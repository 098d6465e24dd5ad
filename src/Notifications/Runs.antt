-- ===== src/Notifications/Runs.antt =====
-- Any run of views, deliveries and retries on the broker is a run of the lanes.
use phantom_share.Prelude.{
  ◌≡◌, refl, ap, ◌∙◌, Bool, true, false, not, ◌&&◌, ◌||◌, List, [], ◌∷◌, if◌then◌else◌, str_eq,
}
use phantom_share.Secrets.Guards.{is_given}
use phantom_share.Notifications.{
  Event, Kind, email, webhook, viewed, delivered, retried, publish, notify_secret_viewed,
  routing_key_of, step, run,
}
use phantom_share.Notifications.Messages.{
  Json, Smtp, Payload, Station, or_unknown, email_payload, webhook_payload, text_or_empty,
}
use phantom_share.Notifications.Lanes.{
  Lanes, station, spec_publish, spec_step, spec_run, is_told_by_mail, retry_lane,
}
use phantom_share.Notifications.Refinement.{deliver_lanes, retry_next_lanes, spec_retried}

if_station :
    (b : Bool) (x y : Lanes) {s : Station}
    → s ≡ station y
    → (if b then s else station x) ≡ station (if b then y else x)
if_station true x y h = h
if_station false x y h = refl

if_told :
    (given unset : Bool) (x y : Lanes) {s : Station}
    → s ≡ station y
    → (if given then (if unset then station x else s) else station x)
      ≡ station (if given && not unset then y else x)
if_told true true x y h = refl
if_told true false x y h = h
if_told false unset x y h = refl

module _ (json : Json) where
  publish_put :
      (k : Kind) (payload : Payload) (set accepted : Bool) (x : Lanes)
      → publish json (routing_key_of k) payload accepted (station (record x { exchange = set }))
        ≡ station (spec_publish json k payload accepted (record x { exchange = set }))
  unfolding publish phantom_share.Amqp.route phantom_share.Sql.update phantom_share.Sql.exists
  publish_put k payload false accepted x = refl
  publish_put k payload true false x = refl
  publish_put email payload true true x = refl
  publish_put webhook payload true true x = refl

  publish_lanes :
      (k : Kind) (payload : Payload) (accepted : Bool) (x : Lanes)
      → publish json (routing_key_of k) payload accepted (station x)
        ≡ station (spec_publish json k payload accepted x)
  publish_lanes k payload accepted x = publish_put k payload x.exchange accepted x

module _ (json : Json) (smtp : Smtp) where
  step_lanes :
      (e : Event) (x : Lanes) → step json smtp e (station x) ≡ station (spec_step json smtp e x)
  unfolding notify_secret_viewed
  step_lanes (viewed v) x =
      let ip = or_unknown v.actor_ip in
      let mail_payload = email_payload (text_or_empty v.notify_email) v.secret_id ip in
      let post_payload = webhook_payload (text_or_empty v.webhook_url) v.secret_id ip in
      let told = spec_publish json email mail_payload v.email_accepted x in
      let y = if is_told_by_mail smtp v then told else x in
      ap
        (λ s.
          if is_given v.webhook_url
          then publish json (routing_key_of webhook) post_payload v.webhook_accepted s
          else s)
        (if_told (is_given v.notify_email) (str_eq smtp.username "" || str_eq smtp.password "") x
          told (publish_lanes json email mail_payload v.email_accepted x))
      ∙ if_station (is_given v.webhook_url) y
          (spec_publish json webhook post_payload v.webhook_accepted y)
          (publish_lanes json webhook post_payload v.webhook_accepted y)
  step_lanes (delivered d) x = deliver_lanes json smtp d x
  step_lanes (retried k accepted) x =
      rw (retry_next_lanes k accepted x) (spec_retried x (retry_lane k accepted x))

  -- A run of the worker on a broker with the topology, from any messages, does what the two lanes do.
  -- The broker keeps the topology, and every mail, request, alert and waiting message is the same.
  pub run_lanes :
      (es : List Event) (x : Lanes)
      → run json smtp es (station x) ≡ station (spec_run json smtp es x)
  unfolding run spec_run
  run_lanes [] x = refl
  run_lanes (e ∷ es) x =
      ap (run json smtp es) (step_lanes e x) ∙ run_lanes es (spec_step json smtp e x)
********************
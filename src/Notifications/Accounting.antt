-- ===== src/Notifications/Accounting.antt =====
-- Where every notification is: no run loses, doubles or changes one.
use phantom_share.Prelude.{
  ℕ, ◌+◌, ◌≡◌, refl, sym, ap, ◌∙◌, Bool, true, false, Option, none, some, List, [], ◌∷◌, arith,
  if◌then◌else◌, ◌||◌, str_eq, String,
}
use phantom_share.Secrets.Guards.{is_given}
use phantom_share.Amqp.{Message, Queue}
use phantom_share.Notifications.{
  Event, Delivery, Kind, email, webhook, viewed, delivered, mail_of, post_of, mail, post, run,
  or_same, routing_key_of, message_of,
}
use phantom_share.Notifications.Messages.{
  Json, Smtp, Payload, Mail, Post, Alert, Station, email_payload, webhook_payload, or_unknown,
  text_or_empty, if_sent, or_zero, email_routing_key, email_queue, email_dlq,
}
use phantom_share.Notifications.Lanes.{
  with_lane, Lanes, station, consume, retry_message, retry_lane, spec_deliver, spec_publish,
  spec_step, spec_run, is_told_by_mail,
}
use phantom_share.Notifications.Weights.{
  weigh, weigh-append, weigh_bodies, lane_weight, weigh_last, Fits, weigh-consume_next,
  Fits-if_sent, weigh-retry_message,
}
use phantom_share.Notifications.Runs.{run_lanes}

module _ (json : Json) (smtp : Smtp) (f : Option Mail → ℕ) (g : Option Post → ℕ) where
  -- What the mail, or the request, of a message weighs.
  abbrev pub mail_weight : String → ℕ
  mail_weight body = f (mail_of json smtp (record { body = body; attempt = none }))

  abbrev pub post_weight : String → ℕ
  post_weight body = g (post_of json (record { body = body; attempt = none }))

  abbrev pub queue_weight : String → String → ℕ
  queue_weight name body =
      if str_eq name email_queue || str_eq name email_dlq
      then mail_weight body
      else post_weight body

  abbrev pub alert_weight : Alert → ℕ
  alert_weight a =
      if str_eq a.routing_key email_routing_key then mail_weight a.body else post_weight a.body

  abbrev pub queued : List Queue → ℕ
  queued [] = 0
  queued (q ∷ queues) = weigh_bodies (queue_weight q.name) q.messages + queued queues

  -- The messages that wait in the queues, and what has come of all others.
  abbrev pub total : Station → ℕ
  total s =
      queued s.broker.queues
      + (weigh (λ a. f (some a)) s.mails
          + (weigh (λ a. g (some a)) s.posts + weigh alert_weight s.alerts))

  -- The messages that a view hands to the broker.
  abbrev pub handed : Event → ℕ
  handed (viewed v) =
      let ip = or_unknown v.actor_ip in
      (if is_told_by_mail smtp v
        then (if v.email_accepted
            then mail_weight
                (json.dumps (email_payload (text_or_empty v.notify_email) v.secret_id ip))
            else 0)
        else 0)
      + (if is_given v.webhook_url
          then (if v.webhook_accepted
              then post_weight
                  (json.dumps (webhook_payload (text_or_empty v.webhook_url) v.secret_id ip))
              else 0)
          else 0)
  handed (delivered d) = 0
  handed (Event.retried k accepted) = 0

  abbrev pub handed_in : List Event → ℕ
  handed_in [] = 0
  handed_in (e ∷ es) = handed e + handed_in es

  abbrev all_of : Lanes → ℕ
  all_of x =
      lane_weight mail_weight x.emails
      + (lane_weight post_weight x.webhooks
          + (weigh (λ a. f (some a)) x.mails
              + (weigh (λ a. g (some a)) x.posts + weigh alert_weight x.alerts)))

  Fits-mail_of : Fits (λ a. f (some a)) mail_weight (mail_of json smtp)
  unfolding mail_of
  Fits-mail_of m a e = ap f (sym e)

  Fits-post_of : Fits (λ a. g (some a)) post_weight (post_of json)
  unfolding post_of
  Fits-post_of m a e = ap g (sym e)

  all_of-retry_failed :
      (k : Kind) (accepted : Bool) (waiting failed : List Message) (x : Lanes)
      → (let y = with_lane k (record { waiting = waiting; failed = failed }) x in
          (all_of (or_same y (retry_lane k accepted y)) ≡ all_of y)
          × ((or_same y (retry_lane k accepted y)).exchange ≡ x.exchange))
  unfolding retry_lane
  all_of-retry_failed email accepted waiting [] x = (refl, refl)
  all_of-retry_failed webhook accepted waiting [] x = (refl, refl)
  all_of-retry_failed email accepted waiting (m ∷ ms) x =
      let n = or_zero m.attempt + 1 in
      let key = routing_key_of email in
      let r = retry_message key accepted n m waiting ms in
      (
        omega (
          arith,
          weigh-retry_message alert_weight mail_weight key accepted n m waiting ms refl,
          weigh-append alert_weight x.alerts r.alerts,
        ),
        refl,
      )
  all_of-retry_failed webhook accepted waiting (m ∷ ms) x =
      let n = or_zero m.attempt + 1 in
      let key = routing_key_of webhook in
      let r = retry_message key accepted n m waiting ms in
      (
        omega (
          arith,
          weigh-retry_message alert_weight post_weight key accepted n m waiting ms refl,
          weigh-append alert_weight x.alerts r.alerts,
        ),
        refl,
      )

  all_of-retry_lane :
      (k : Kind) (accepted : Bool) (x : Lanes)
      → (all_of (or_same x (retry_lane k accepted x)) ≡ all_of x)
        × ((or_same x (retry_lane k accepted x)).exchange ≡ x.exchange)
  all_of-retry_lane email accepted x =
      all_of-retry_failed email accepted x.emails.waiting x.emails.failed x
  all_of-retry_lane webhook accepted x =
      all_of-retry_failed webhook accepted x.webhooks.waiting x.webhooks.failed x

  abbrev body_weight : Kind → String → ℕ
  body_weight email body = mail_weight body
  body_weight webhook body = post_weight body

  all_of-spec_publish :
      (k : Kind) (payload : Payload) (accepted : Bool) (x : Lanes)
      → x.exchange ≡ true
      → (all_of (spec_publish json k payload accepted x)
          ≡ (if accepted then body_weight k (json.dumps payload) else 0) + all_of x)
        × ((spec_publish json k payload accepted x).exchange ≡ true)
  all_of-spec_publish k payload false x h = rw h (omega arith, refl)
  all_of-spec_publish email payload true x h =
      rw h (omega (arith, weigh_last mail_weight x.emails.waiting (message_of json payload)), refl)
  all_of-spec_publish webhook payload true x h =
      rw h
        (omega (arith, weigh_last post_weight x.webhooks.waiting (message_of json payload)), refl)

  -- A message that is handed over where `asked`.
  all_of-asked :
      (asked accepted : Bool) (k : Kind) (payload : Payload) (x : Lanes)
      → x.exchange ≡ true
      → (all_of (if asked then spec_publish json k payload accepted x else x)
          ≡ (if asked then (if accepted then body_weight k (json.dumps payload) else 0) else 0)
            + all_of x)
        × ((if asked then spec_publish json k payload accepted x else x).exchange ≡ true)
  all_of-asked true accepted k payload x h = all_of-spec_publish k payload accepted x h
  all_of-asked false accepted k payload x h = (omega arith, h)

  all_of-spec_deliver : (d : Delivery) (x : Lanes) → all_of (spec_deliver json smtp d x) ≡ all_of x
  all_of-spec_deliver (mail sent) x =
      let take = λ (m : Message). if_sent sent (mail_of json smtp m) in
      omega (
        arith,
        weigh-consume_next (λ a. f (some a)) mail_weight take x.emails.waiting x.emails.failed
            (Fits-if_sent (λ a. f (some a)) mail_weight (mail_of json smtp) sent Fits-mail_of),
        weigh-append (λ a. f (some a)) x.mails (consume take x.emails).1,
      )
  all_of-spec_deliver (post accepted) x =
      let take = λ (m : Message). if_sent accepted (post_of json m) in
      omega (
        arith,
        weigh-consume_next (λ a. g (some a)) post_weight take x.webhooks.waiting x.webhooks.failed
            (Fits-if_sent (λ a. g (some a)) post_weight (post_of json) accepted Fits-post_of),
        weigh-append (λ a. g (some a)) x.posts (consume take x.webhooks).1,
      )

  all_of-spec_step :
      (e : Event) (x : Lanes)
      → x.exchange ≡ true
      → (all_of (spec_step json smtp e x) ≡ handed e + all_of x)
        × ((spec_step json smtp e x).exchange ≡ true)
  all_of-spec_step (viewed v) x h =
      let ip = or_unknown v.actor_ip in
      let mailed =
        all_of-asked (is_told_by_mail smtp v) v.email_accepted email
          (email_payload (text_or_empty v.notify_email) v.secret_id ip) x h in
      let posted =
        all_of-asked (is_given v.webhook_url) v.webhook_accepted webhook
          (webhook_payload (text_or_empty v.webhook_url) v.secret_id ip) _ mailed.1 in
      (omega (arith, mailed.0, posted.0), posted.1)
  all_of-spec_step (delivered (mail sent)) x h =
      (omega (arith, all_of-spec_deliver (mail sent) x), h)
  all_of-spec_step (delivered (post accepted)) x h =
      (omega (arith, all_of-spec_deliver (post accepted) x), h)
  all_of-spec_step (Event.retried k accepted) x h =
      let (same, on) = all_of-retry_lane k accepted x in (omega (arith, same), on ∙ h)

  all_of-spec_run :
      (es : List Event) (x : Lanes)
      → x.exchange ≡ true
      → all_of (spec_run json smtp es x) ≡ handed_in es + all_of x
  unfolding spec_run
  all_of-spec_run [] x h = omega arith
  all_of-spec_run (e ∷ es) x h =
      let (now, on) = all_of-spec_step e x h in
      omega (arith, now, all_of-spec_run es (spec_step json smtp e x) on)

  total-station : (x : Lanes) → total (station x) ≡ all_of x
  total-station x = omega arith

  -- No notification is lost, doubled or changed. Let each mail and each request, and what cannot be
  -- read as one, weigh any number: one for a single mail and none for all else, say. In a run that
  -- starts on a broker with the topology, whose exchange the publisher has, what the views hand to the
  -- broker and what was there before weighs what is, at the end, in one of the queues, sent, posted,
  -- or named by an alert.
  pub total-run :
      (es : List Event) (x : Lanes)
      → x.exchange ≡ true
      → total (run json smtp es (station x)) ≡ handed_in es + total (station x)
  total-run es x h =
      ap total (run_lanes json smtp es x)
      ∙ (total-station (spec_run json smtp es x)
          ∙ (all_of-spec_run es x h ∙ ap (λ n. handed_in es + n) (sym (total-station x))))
********************
• [WHAT IS BEING ASKED]: The expected output is every line from the material above where "queues" can be found.

• [THE COMPLETED TASK]:
  queued (q ∷ queues) = weigh_bodies (queue_weight q.name) q.messages + queued queues
  -- The messages that wait in the queues, and what has come of all others.
      queued s.broker.queues
  -- broker and what was there before weighs what is, at the end, in one of the queues, sent, posted,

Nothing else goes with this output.